狄希陈道:“阿弥陀佛!神灵听着哩!”寄姐骂道:“贼昧心的忘八!我屈着你甚么来,你念佛叫神灵的?我穿你件子衣裳,你那偏心忘八就疼的慌 [疼的慌——山东方言,心疼。] 了!只许你家中的老婆,你买这们些衣服尺头珠翠宝石给他就罢了!我还明眉大眼、高梁鼻相,趁的穿!你家里那老婆瞎着个臭屄眼,少着个鼻子,两个大窟垅看到颡根头子,搽着个莹白的脸,抹着个通红的唇裂到两耳根,不像个庙里的鬼哩?那里放着买这们些东西给他!那里放着守他这们一向才来!人说‘和尚死老婆——大家没’,我合那小妇臭浪蹄子‘姑子死和尚’——也是‘大家没’!”

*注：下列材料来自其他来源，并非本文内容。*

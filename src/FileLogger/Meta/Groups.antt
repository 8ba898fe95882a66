-- ===== src/FileLogger/Meta/Groups.antt =====
-- The documents of the metadata: a group is made, an entry is set or erased (FileLogger.cpp: the
-- accesses of the JSON object in LoadMetaLocked, MetaSetCurrentLocked and MetaRemoveLocked).
use bff_rtc_base.Base.{
  ◌≡◌, refl, sym, ap, ◌∙◌, Bool, true, false, List, [], ◌∷◌, Option, none, some, Bytes,
  if◌then◌else◌, ◌==◌, bytes_eq, lookup, insert_or_assign, erase_key, lookup-insert_or_assign,
  lookup-erase_key, if-true, if-false, if-cases, if-both, beq_self, true≢false,
}
use bff_rtc_base.FileLogger.Meta.{
  MetaEntry, MetaGroup, MetaDocument, LogGroup, group_key, is_object, with_group, entries_of,
  text_of, entry_text, assign_in_group, erase_in_group, normal,
}

-- The text of an entry, by the keys.
abbrev pub text_at : Bytes → Bytes → MetaDocument → Bytes
text_at group name j = text_of (lookup name (entries_of (lookup group j)))

entries_of-none : (g : Option MetaGroup) → is_object g ≡ false → entries_of g ≡ []
entries_of-none none h = refl
entries_of-none (some (MetaGroup.entries m)) h = absurd (true≢false h)
entries_of-none (some (MetaGroup.other raw)) h = refl

-- What is known at a key holds at an equal one.
at_key {ℓ} :
    {A : Type ℓ} (f : Bytes → A) (x : A) (g h : Bytes)
    → (if g == h then f g else x) ≡ (if g == h then f h else x)
at_key f x g h =
    if-cases (λ y. y ≡ (if g == h then f h else x)) (g == h)
      (λ eq. ap f ((bytes_eq.same_iff g h).0 eq) ∙ sym (if-true (f h) x eq))
      (λ ne. sym (if-false (f h) x ne))

pub same_branches {ℓ} : {A : Type ℓ} (b : Bool) (x : A) → (if b then x else x) ≡ x
same_branches b x = if-both (λ y. y ≡ x) b refl refl

ap-if {ℓ k} :
    {A : Type ℓ} {B : Type k} (f : A → B) (b : Bool) (x y : A)
    → f (if b then x else y) ≡ (if b then f x else f y)
ap-if f true x y = refl
ap-if f false x y = refl

-- After a group is stored, its texts are those of the new entries.
stored-text_at :
    (g h name : Bytes) (m : List (Bytes × MetaEntry)) (j : MetaDocument)
    → text_at h name (insert_or_assign g (MetaGroup.entries m) j)
      ≡ (if g == h then text_of (lookup name m) else text_at h name j)
stored-text_at g h name m j =
    ap (λ o. text_of (lookup name (entries_of o)))
      (lookup-insert_or_assign g h (MetaGroup.entries m) j)
    ∙ ap-if (λ o. text_of (lookup name (entries_of o))) (g == h) (some (MetaGroup.entries m))
        (lookup h j)

-- A missing group has no texts.
missing-text_at :
    (g h name : Bytes) (j : MetaDocument)
    → entries_of (lookup g j) ≡ []
    → text_at h name j ≡ (if g == h then [] else text_at h name j)
unfolding lookup
missing-text_at g h name j none_ =
    sym (same_branches (g == h) (text_at h name j))
    ∙ sym (at_key (λ k. text_at k name j) (text_at h name j) g h)
    ∙ ap (λ m. if g == h then text_of (lookup name m) else text_at h name j) none_

-- A missing group, made, has no texts.
with_group-entry_text :
    (g h : LogGroup) (name : Bytes) (j : MetaDocument)
    → entry_text h name (with_group g j) ≡ entry_text h name j
unfolding with_group lookup
with_group-entry_text g h name j =
    if-cases (λ (k : MetaDocument). entry_text h name k ≡ entry_text h name j)
      (is_object (lookup (group_key g) j)) (λ _. refl)
      (λ no.
        stored-text_at (group_key g) (group_key h) name [] j
        ∙ sym (
            missing-text_at (group_key g) (group_key h) name j
              (entries_of-none (lookup (group_key g) j) no)))

pub normal-entry_text :
    (h : LogGroup) (name : Bytes) (j : MetaDocument)
    → entry_text h name (normal (some j)) ≡ entry_text h name j
normal-entry_text h name j =
    with_group-entry_text LogGroup.log_rooms h name (with_group LogGroup.log_servers j)
    ∙ with_group-entry_text LogGroup.log_servers h name j

-- No group is a value of another kind.
abbrev pub IsKnown : Option MetaGroup → Type 0
IsKnown none = Unit
IsKnown (some (MetaGroup.entries m)) = Unit
IsKnown (some (MetaGroup.other raw)) = ⊥

-- The text at a name of a group after a value has been stored there.
abbrev pub changed : (group name : Bytes) → (value : Bytes) → (h n : Bytes) → (old : Bytes) → Bytes
changed group name value h n old = if group == h then (if name == n then value else old) else old

changed-stored :
    (g h name n value : Bytes) (m : List (Bytes × MetaEntry)) (j : MetaDocument)
    → text_of (lookup n m) ≡ (if name == n then value else text_at g n j)
    → text_at h n (insert_or_assign g (MetaGroup.entries m) j)
      ≡ changed g name value h n (text_at h n j)
changed-stored g h name n value m j now =
    stored-text_at g h n m j
    ∙ ap (λ x. if g == h then x else text_at h n j) now
    ∙ at_key (λ k. if name == n then value else text_at k n j) (text_at h n j) g h

pub assign_in_group-text_at :
    (o : Option MetaGroup) (g h name n value : Bytes) (j : MetaDocument)
    → lookup g j ≡ o
    → IsKnown o
    → text_at h n (assign_in_group o g name value j) ≡ changed g name value h n (text_at h n j)
unfolding insert_or_assign lookup
assign_in_group-text_at none g h name n value j at known =
    changed-stored g h name n value ((name, MetaEntry.text value) ∷ []) j (
      ap-if text_of (name == n) (some (MetaEntry.text value)) none
      ∙ ap (λ x. if name == n then value else text_of (lookup n (entries_of x))) (sym at))
assign_in_group-text_at (some (MetaGroup.entries m)) g h name n value j at known =
    changed-stored g h name n value (insert_or_assign name (MetaEntry.text value) m) j (
      ap text_of (lookup-insert_or_assign name n (MetaEntry.text value) m)
      ∙ ap-if text_of (name == n) (some (MetaEntry.text value)) (lookup n m)
      ∙ ap (λ x. if name == n then value else text_of (lookup n (entries_of x))) (sym at))
assign_in_group-text_at (some (MetaGroup.other raw)) g h name n value j at known = absurd known

-- Nothing is to be erased in a missing group.
kept_missing :
    (g h name n : Bytes) (j : MetaDocument)
    → entries_of (lookup g j) ≡ []
    → text_at h n j ≡ changed g name [] h n (text_at h n j)
unfolding lookup
kept_missing g h name n j none_ =
    missing-text_at g h n j none_
    ∙ ap (λ x. if g == h then x else text_at h n j) (sym (same_branches (name == n) []))
    ∙ ap (λ m. if g == h then (if name == n then [] else text_of (lookup n m)) else text_at h n j)
        (sym none_)
    ∙ at_key (λ k. if name == n then [] else text_at k n j) (text_at h n j) g h

pub gone-text_at :
    (o : Option MetaGroup) (g h name n : Bytes) (j : MetaDocument)
    → lookup g j ≡ o
    → text_at h n (erase_in_group o g name j) ≡ changed g name [] h n (text_at h n j)
unfolding lookup
gone-text_at (some (MetaGroup.entries m)) g h name n j at =
    changed-stored g h name n [] (erase_key name m) j (
      ap text_of (lookup-erase_key name n m)
      ∙ ap-if text_of (name == n) none (lookup n m)
      ∙ ap (λ x. if name == n then [] else text_of (lookup n (entries_of x))) (sym at))
gone-text_at none g h name n j at = kept_missing g h name n j (ap entries_of at)
gone-text_at (some (MetaGroup.other raw)) g h name n j at =
    kept_missing g h name n j (ap entries_of at)

-- `load_meta` makes both groups objects.
with_group-is_object :
    (g : LogGroup) (j : MetaDocument) → is_object (lookup (group_key g) (with_group g j)) ≡ true
unfolding with_group
with_group-is_object g j =
    if-cases (λ (k : MetaDocument). is_object (lookup (group_key g) k) ≡ true)
      (is_object (lookup (group_key g) j)) (λ there. there)
      (λ _. ap is_object (
        lookup-insert_or_assign (group_key g) (group_key g) (MetaGroup.entries []) j
        ∙ if-true _ _ (beq_self (group_key g))))

with_group-keeps :
    (g h : LogGroup) (j : MetaDocument)
    → is_object (lookup (group_key h) j) ≡ true
    → is_object (lookup (group_key h) (with_group g j)) ≡ true
unfolding with_group
with_group-keeps g h j there =
    if-both (λ (k : MetaDocument). is_object (lookup (group_key h) k) ≡ true)
      (is_object (lookup (group_key g) j)) there
      (ap is_object (lookup-insert_or_assign (group_key g) (group_key h) (MetaGroup.entries []) j)
        ∙ ap-if is_object (group_key g == group_key h) (some (MetaGroup.entries []))
            (lookup (group_key h) j)
        ∙ ap (λ x. if group_key g == group_key h then true else x) there
        ∙ same_branches (group_key g == group_key h) true)

object-IsKnown : (o : Option MetaGroup) → is_object o ≡ true → IsKnown o
object-IsKnown none h = tt
object-IsKnown (some (MetaGroup.entries m)) h = tt
object-IsKnown (some (MetaGroup.other raw)) h = absurd (true≢false (sym h))

pub normal-IsKnown :
    (h : LogGroup) (d : Option MetaDocument) → IsKnown (lookup (group_key h) (normal d))
unfolding lookup
normal-IsKnown h none = tt
normal-IsKnown LogGroup.log_servers (some j) = object-IsKnown _ (
    with_group-keeps LogGroup.log_rooms LogGroup.log_servers (with_group LogGroup.log_servers j)
      (with_group-is_object LogGroup.log_servers j))
normal-IsKnown LogGroup.log_rooms (some j) =
    object-IsKnown _ (with_group-is_object LogGroup.log_rooms (with_group LogGroup.log_servers j))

狄希陈道:“你说我杀了他逃出来了,怎么我又偏疼起他来了 [来了——同本作“求了”。“來”与“求”盖因形近而讹,据文意酌改。] 呢?”寄姐道:“我不许你强嘴!我待怎么说,就怎么说,只是由的我!我只是不合你过!你齐这里住下船,写休书给我,差人送的我家去就罢了!咱‘将军不下马,各自奔前程’!你做你那狨官去,有我这们个老婆,愁嫁不出你这们个杭杭子来么?孩子我也不带了去。要不,我抱着孩子扯着你,咱娘儿三个一齐的滚到黄河里头就罢了!”狄希陈道:“呀,呀!这不扯淡?你待跳黄河你自家跳呀,你又抱着孩子拉着我呢!我合孩子的命贵,不跳黄河。你命不值钱,动不动就跳河跳井的!”
寄姐越发潵起泼来,把孩子一把揣在怀里,拿了根丝汗巾子束了束腰,一手扭着狄希陈的衣领就往舱外头钻。狄希陈一边往后挣,一边从怀里夺孩子。张朴茂的媳妇子,新寻的家人伊留雷媳妇子,新寻的丫头小河汉、小涉淇,四个人齐齐的拉着寄姐不叫跳河,唬得小京哥乔叫唤,往怀里钻。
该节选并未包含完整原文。